# Group chat on Skype, anyone?



## Alex (Dec 7, 2012)

Was just curious if anyone wanted to make or join one? I don't have any hedgie friends on skype and thought the idea of having a group chat with people with similar interests would be awesome haha. If you'd like to, go ahead and post your skype username, or if you're uncomfortable with it being that public just message it to me!


----------



## AnnabellasMomma (Oct 30, 2012)

rachelle.ridout1


----------



## Avarris (Dec 3, 2012)

If I had skype I'd be all over this. However, we're on a shared computer (mine is in storage) If I had my computer out of storage, I'd be golden. I used to use Ventrillo when I played World of Warcraft, so I'm guessing its pretty similiar. I've already got a headset and mic... but I'm not even going to attempt to try it on this computer. I'm lucky this one actually boots up Facebook half the time (thank god for my Kindle Fire!).
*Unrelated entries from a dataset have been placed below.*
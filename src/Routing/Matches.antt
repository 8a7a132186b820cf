-- ===== src/Routing/Matches.antt =====
-- The index answers as a scan of the table does.
use omnillm.Prelude.{
  Bool, false, ◌||◌, not, ◌&&◌, List, [], ◌∷◌, Text, text_eq, trim_space, if◌then◌else◌,
}
use omnillm.Routing.References.{
  ProviderInstance, normalize_provider_reference, append_id, sort_ids, Reference, instance_of,
  not_found, by_matches,
}

-- The instances of the rows whose text, as `text_of` reads it, is not blank and normalises to the
-- key.
unfoldable pub matching : (ProviderInstance → Text) → Text → List ProviderInstance → List Text
matching text_of key [] = []
matching text_of key (r ∷ rows) =
    let rest = matching text_of key rows in
    let k = normalize_provider_reference (text_of r) in
    if text_eq k key && not (text_eq k []) then r.instance_id ∷ rest else rest

unfoldable pub has_instance : Text → List ProviderInstance → Bool
has_instance id [] = false
has_instance id (r ∷ rows) = text_eq r.instance_id id || has_instance id rows

-- The reference is looked up in the table itself: an instance ID, else the only alias, else the
-- only name, and an ambiguous reference where an alias or a name is shared.
unfoldable pub scan : List ProviderInstance → Text → Reference
unfolding has_instance matching
scan rows reference =
    let trimmed = trim_space reference in
    let key = normalize_provider_reference trimmed in
    if has_instance trimmed rows
    then instance_of trimmed
    else by_matches trimmed (sort_ids (matching (λ r. r.subtitle) key rows))
        (by_matches trimmed (sort_ids (matching (λ r. r.name) key rows)) (not_found trimmed))

-- The entries of a map from keys to IDs that the loop over the rows fills.
add_all :
    (ProviderInstance → Text)
    → List ProviderInstance
    → List (Text × List Text)
    → List (Text × List Text)
add_all text_of [] m = m
add_all text_of (r ∷ rows) m =
    add_all text_of rows (append_id (normalize_provider_reference (text_of r)) r.instance_id m)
LOL I miss my computer, but space here keeps getting tighter and tighter.


----------



## meggles1410 (Jun 18, 2012)

Omg yes!!! 

When I get home from college ill send you my Skype name 
This will be awesome x


----------



## Alex (Dec 7, 2012)

I'm sorry to hear that, Avarris! When we get enough people it could definitely be a lot of fun :] Hopefully at some point you're able to use skype and you can join us!

Meggles, can't wait to get it <3 I'm looking forward to having this group chat with everyone!


----------